PROMPT - Among the records that follow, find the line with "served : Request" and the line with "-- A request". Set down those lines and all lines between them exactly, without adding anything.

GIVEN ENTRIES -
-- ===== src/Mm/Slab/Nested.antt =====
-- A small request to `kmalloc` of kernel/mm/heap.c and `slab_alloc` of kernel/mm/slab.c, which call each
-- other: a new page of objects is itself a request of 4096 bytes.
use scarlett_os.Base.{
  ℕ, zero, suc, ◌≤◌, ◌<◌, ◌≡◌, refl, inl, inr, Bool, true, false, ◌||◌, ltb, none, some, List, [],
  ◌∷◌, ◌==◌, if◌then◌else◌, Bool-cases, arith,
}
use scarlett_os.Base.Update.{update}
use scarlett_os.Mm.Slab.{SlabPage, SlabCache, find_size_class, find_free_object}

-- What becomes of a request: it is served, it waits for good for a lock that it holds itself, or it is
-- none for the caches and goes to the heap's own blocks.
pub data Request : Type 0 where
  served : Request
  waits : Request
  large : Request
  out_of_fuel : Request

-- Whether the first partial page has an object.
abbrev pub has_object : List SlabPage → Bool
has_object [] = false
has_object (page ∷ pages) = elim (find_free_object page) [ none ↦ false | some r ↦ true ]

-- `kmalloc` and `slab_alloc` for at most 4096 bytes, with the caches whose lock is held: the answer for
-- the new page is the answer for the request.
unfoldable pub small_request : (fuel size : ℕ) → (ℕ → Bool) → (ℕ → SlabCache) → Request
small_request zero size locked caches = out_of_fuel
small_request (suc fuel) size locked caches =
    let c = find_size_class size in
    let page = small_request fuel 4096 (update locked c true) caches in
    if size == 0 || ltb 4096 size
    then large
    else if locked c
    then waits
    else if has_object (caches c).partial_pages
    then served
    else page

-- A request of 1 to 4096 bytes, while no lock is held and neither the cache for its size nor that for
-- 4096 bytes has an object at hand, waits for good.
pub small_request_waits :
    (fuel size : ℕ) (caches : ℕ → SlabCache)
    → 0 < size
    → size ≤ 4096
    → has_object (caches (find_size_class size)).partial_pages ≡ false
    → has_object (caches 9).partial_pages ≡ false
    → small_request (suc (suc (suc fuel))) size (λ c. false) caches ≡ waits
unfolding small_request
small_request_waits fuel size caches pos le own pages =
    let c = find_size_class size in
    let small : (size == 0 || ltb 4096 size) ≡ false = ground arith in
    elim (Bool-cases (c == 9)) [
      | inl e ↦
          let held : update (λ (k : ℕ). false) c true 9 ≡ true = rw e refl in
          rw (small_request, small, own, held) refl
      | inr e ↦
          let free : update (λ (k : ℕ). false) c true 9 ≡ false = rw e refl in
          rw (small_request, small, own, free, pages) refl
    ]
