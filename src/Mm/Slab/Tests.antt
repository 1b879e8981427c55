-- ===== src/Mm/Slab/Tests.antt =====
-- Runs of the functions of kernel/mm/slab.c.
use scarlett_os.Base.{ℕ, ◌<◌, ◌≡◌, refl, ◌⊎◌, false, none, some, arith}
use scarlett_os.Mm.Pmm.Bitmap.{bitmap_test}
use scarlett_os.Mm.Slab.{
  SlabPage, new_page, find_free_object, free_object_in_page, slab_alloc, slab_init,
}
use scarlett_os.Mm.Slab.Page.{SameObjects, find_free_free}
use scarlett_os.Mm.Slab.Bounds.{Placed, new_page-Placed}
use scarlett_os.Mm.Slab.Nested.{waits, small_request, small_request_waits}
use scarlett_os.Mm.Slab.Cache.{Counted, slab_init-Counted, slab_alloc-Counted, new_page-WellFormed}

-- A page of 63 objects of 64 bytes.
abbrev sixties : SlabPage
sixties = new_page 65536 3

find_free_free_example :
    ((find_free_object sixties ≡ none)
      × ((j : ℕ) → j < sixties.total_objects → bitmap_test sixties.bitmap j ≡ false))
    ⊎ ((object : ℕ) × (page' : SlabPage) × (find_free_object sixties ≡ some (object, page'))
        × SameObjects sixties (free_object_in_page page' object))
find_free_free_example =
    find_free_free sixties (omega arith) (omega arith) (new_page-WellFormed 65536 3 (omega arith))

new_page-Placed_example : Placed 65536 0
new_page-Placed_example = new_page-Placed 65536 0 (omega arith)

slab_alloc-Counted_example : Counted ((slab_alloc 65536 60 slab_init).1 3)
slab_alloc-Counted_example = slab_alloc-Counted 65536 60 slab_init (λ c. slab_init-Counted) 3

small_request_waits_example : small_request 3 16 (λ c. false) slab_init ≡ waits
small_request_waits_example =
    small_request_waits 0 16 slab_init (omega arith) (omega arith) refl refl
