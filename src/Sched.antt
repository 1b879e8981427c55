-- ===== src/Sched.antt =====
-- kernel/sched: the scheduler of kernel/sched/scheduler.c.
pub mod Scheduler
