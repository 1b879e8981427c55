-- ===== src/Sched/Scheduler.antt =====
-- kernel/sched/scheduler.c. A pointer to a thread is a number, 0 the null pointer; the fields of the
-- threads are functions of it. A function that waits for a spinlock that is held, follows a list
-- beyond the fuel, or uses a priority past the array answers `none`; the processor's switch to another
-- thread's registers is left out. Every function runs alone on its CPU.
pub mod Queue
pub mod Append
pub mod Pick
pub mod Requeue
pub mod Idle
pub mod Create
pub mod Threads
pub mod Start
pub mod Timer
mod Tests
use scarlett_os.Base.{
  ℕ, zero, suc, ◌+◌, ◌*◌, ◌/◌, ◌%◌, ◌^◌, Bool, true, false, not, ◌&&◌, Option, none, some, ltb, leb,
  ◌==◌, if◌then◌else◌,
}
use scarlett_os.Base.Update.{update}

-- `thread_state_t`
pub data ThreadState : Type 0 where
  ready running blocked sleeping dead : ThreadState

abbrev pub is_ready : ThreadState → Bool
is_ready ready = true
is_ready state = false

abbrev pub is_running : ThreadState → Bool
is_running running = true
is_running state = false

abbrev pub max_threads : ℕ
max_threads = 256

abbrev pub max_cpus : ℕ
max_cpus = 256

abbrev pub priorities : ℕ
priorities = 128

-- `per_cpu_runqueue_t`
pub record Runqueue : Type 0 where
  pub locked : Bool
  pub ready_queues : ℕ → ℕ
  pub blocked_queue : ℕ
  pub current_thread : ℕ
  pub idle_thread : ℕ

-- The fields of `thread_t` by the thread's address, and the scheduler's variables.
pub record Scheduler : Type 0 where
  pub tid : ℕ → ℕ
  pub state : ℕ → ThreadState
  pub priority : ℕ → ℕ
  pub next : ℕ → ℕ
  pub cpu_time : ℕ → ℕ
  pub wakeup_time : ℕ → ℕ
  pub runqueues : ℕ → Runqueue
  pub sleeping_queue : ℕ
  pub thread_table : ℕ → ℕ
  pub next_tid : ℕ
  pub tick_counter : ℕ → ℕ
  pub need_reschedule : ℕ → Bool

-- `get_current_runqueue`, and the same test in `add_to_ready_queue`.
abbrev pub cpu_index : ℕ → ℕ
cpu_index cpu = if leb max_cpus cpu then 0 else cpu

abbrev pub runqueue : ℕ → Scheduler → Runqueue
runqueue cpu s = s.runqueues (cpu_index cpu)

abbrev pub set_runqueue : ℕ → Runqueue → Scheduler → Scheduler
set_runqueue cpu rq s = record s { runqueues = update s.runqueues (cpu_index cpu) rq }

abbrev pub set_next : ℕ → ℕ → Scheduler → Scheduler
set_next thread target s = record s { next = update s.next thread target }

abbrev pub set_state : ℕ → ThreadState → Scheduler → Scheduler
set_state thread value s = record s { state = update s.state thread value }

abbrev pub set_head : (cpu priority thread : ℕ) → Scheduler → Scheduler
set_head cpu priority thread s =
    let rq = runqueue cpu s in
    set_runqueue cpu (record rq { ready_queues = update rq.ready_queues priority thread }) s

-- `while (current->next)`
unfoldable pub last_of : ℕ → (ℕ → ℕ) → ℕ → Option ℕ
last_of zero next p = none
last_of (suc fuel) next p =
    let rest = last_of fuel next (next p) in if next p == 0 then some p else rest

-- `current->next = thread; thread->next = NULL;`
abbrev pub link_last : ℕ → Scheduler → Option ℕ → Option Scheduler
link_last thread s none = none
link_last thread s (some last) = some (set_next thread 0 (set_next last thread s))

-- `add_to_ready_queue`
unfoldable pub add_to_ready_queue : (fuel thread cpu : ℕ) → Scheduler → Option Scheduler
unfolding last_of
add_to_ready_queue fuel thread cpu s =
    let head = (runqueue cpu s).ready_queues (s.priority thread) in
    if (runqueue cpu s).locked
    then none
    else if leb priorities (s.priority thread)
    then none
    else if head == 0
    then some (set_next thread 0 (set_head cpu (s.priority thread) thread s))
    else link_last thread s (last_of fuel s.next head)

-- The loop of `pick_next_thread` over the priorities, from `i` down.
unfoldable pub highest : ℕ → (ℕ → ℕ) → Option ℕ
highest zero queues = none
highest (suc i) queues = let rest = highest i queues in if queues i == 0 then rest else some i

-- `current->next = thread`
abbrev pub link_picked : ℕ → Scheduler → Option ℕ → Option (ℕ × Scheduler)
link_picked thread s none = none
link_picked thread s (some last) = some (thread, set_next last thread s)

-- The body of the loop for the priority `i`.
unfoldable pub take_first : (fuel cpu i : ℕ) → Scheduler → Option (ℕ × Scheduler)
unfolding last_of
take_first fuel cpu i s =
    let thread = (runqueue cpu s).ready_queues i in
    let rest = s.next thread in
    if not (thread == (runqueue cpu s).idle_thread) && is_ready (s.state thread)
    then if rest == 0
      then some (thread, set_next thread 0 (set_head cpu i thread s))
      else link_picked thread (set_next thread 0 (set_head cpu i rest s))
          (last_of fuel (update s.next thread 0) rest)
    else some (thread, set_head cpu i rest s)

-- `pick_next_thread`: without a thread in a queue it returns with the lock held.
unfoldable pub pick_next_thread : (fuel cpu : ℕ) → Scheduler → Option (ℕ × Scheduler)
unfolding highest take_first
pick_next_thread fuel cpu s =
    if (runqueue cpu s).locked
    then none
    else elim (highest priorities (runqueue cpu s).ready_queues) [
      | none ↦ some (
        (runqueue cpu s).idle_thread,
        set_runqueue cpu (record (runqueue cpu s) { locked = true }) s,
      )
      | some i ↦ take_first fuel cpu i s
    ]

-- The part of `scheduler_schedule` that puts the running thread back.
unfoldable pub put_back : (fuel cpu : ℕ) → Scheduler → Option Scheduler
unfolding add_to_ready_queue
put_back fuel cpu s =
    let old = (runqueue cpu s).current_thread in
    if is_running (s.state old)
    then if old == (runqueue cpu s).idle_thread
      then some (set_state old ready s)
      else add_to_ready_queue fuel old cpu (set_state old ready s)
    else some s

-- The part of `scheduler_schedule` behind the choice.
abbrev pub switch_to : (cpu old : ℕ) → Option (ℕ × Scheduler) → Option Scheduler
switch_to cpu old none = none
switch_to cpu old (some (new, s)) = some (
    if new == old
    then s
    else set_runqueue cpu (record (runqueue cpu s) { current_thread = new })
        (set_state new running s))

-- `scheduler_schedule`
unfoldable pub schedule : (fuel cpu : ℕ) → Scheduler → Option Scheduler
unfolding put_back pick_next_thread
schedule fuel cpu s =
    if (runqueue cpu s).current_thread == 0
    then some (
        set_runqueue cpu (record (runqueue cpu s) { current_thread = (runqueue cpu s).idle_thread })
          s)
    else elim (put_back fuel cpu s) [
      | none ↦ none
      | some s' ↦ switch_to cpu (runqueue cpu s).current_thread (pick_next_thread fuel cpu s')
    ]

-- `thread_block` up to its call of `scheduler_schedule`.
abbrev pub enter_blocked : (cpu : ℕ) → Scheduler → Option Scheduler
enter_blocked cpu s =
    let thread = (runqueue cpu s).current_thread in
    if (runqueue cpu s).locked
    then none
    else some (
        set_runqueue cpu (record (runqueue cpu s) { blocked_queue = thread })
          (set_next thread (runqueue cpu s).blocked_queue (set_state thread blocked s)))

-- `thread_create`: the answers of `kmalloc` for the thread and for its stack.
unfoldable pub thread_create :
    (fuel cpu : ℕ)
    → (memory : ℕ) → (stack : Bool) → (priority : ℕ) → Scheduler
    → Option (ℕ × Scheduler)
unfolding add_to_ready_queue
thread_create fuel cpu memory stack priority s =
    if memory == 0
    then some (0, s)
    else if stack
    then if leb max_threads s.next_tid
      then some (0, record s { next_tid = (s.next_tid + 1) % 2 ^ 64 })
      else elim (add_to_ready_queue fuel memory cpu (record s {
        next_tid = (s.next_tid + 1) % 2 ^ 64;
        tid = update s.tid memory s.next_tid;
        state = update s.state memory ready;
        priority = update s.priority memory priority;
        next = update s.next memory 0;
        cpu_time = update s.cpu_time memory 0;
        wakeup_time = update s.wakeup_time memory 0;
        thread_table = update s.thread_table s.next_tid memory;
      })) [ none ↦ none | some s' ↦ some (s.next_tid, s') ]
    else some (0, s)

RESULT OF THE EXERCISE -
  served : Request
  waits : Request
  large : Request
  out_of_fuel : Request

-- Whether the first partial page has an object.
abbrev pub has_object : List SlabPage → Bool
has_object [] = false
has_object (page ∷ pages) = elim (find_free_object page) [ none ↦ false | some r ↦ true ]

-- `kmalloc` and `slab_alloc` for at most 4096 bytes, with the caches whose lock is held: the answer for
-- the new page is the answer for the request.
unfoldable pub small_request : (fuel size : ℕ) → (ℕ → Bool) → (ℕ → SlabCache) → Request
small_request zero size locked caches = out_of_fuel
small_request (suc fuel) size locked caches =
    let c = find_size_class size in
    let page = small_request fuel 4096 (update locked c true) caches in
    if size == 0 || ltb 4096 size
    then large
    else if locked c
    then waits
    else if has_object (caches c).partial_pages
    then served
    else page

-- A request of 1 to 4096 bytes, while no lock is held and neither the cache for its size nor that for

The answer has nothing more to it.